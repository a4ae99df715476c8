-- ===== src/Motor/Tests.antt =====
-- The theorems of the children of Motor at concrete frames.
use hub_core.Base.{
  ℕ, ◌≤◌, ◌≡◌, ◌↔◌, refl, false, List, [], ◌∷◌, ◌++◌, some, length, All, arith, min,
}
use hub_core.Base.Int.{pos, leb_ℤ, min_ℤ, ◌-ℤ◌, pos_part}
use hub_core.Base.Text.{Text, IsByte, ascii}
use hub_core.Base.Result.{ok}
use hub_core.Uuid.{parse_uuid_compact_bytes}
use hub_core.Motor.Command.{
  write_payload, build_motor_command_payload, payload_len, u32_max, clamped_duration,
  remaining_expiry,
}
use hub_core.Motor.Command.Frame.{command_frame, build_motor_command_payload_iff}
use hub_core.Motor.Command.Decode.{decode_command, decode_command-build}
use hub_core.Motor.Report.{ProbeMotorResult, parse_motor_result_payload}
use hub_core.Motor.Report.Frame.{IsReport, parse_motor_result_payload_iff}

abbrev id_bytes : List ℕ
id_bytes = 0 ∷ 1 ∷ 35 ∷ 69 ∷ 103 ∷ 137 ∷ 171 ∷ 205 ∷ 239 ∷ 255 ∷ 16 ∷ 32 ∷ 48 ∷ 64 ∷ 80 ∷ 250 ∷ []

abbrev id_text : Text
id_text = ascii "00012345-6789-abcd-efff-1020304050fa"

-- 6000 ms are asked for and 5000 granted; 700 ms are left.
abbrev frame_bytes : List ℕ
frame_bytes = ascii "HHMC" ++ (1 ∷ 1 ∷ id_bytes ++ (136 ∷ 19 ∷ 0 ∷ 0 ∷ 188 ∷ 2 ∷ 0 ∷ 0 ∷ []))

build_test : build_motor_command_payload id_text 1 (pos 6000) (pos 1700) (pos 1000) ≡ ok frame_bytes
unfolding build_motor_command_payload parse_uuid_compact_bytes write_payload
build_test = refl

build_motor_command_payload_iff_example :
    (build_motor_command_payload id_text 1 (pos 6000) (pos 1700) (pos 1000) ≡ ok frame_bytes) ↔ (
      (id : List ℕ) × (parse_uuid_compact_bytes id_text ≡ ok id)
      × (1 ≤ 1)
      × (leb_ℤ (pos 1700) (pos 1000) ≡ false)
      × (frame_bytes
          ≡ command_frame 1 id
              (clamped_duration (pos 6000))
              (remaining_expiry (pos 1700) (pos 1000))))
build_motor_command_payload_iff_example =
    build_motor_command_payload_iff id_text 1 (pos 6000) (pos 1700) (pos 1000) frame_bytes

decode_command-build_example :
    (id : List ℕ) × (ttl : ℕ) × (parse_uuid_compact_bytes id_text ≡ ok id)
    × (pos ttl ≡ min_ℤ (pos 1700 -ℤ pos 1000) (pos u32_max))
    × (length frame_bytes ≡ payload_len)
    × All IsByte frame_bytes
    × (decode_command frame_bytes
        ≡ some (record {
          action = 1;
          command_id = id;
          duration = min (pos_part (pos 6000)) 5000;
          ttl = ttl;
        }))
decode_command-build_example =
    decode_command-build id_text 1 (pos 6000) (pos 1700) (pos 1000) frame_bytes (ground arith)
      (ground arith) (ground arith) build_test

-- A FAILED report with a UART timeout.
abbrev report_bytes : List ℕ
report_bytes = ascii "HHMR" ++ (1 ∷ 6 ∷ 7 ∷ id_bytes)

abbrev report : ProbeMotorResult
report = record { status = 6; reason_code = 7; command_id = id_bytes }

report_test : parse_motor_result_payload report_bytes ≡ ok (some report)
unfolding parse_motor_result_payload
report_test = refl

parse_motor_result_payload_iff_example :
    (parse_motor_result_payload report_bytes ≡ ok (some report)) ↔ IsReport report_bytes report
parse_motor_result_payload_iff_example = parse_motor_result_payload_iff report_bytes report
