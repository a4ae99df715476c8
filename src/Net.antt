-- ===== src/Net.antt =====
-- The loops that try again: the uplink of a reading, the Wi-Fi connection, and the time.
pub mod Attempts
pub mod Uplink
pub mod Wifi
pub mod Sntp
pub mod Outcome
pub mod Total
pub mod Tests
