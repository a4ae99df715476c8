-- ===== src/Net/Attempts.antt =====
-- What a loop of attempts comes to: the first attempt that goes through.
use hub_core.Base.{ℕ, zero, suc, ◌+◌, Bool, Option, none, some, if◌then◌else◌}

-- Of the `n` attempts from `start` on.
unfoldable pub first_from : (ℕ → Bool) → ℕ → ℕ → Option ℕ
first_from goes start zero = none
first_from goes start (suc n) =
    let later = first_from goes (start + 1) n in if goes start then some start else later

◆ **About this exercise**
What lines in the data above contain the word "then"? Copy them all.

◆ **Answer to the problem**
use hub_core.Base.{ℕ, zero, suc, ◌+◌, Bool, Option, none, some, if◌then◌else◌}
    let later = first_from goes (start + 1) n in if goes start then some start else later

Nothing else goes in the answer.